▶ Problem to solve: Look through the listing for the string "Prelude" and copy out every line that holds it.
== Segment start ==
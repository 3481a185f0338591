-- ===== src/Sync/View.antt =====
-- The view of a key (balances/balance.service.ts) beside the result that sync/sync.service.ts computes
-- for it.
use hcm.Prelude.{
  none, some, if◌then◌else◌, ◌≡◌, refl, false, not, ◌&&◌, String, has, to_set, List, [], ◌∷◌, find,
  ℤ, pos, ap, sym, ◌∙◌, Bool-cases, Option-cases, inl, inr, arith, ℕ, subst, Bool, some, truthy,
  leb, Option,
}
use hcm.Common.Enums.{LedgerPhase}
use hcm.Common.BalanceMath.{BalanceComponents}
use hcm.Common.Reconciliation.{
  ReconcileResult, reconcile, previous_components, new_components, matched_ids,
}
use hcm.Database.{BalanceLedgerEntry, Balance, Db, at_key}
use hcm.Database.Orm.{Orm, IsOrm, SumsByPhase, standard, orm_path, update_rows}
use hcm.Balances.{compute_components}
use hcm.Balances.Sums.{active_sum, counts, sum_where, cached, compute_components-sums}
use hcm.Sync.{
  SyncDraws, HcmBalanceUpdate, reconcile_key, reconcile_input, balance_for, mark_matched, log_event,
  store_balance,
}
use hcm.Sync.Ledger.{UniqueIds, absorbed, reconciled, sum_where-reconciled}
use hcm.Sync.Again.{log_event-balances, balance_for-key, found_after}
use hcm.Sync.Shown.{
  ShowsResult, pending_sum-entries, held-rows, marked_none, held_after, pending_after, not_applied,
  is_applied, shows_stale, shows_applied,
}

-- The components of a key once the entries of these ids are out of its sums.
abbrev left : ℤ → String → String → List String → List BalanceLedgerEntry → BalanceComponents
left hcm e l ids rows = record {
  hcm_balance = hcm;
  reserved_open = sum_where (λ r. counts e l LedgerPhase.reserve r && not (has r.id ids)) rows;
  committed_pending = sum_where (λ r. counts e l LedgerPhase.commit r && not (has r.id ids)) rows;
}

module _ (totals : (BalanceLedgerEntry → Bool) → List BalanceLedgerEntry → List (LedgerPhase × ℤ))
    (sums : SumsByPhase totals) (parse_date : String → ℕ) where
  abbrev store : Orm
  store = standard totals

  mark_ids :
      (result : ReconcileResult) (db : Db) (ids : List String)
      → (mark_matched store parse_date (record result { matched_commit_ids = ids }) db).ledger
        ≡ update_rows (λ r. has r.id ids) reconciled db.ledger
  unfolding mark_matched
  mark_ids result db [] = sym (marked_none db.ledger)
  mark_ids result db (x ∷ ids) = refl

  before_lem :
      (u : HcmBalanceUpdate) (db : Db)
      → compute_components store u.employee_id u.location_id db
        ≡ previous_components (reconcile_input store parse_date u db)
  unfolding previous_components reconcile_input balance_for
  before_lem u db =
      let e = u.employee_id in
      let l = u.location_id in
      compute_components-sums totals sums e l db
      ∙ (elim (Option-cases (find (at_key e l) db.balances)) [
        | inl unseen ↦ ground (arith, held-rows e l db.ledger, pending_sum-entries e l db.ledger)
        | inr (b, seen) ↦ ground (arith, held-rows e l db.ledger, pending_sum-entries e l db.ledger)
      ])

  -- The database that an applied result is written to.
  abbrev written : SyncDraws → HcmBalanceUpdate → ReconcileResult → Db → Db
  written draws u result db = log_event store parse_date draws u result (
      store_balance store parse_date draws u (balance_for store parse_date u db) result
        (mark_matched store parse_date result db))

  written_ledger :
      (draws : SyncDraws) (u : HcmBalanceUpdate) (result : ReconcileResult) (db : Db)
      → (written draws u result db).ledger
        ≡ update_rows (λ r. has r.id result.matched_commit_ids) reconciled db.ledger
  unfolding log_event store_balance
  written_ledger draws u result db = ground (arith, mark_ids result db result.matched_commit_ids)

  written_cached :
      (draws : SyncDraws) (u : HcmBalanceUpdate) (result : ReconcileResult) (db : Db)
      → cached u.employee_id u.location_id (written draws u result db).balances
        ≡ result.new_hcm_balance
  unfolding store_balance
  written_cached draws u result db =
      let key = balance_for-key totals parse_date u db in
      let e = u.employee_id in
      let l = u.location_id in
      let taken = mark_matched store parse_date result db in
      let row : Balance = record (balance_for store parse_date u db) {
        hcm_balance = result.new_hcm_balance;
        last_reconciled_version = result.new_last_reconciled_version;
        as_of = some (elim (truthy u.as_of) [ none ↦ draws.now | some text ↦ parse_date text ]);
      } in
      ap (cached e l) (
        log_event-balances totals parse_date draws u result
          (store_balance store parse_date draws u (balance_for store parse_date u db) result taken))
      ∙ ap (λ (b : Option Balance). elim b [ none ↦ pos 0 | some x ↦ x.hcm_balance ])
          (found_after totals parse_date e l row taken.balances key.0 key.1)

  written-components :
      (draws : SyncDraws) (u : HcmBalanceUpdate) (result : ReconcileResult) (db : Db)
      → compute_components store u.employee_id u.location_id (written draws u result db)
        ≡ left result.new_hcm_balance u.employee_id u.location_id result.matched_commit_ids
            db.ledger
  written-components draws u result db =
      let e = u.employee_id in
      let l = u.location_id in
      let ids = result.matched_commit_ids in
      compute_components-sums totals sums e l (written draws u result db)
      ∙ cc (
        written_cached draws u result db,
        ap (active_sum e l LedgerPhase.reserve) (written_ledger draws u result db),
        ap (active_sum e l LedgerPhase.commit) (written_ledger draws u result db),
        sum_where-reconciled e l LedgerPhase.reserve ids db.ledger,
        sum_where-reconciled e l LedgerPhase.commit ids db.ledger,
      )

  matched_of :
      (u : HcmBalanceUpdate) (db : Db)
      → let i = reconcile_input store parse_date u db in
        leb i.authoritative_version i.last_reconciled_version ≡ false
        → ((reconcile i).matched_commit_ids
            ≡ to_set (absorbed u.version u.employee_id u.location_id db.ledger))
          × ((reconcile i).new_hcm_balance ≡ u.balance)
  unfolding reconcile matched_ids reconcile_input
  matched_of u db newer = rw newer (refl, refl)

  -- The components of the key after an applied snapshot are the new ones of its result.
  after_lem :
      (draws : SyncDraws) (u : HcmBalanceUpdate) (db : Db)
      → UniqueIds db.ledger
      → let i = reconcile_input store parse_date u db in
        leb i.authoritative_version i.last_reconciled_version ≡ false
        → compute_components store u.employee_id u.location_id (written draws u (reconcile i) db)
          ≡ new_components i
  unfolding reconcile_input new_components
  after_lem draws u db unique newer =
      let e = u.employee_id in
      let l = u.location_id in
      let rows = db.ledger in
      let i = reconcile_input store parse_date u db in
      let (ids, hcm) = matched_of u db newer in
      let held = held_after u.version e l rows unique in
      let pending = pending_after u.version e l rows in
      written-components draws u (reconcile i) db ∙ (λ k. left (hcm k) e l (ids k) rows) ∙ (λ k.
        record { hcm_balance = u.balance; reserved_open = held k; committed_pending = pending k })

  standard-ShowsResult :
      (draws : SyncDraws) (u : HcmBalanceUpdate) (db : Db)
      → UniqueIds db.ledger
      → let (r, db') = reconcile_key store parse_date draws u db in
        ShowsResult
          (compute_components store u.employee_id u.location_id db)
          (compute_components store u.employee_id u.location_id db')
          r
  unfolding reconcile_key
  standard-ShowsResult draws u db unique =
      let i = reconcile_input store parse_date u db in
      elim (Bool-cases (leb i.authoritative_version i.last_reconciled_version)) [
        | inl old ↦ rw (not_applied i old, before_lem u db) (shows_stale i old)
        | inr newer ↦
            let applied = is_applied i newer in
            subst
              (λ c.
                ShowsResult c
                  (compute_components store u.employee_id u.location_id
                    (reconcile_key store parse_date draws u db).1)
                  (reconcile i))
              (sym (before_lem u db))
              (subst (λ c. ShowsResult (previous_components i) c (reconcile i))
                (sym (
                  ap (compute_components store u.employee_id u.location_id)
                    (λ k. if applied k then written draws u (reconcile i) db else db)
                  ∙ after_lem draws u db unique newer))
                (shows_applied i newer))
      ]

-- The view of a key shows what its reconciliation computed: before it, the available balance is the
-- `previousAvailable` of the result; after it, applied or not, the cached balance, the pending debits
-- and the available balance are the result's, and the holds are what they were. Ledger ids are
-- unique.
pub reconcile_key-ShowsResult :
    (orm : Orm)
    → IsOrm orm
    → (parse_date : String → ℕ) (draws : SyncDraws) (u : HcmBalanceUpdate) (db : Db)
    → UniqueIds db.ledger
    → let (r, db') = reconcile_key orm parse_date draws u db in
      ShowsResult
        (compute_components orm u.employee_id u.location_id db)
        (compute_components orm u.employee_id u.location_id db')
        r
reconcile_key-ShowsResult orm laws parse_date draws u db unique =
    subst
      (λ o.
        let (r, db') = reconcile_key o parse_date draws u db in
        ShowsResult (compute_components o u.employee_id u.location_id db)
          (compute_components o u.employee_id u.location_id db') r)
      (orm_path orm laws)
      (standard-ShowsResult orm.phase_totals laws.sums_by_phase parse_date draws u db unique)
== Segment end ==
== Segment start ==
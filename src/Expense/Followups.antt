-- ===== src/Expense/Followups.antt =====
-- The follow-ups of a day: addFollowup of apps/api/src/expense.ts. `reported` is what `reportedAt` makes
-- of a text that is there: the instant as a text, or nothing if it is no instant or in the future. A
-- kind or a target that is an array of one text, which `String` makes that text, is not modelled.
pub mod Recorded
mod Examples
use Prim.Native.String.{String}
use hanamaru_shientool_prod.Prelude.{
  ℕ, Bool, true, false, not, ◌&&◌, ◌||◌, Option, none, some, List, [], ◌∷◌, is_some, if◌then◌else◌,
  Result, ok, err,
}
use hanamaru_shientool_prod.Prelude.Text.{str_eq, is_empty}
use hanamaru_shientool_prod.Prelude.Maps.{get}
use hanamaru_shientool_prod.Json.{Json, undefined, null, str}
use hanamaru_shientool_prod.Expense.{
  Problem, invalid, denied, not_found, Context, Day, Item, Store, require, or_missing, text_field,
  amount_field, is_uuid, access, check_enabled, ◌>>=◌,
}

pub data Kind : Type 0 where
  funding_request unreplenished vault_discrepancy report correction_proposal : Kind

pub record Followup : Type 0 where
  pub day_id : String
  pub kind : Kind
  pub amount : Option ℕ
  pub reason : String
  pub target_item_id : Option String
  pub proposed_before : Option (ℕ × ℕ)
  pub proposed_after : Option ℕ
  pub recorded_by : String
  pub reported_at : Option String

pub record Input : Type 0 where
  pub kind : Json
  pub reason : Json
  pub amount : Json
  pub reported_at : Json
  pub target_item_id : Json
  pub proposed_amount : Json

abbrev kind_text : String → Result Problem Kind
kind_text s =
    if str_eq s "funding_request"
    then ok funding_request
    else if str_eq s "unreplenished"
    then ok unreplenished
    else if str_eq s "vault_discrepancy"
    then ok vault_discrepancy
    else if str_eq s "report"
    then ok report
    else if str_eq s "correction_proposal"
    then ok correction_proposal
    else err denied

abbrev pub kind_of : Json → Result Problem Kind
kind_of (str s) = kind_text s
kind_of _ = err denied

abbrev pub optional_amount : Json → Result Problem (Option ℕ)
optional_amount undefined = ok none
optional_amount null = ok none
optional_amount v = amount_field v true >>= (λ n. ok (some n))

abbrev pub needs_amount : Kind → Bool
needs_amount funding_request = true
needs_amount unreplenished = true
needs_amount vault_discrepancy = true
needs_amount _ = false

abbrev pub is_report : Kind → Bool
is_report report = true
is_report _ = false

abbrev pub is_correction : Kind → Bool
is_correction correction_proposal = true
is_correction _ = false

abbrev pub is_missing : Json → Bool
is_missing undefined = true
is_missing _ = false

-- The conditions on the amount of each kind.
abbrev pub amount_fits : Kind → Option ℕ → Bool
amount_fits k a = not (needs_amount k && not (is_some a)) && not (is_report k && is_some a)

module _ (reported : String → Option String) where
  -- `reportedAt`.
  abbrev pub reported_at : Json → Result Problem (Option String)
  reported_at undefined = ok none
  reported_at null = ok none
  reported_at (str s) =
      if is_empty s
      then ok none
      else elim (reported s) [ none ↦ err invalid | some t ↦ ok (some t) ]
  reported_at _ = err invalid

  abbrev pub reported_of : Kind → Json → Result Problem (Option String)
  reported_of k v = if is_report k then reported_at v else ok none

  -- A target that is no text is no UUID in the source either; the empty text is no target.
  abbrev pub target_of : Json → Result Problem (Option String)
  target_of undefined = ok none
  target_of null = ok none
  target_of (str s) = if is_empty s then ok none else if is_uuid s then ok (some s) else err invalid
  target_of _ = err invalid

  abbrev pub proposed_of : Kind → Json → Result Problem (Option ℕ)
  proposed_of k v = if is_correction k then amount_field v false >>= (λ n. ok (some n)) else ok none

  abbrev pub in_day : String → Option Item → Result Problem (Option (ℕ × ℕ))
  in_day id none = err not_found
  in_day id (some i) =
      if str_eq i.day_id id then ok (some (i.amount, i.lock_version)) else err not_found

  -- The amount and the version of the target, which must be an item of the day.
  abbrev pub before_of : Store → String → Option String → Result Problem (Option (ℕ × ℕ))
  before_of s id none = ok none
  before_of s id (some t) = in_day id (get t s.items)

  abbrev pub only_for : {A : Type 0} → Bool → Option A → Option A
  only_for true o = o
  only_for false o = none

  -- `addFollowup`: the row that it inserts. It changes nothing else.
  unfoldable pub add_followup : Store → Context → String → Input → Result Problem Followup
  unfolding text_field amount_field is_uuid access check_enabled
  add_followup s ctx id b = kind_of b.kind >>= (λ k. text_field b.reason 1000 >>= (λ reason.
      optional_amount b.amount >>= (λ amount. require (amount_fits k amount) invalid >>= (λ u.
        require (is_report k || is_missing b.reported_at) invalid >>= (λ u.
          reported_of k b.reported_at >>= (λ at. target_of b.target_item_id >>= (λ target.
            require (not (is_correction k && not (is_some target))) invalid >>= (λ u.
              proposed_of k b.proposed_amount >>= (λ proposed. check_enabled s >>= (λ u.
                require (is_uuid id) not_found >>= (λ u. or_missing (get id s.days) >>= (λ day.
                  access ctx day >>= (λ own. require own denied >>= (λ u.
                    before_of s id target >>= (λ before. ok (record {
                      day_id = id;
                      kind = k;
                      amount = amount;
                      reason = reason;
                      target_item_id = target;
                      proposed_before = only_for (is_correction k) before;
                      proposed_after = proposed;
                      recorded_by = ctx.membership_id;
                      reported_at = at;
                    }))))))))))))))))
== Segment end ==
▶ Reply:
use hcm.Prelude.{
use hanamaru_shientool_prod.Prelude.{
use hanamaru_shientool_prod.Prelude.Text.{str_eq, is_empty}
use hanamaru_shientool_prod.Prelude.Maps.{get}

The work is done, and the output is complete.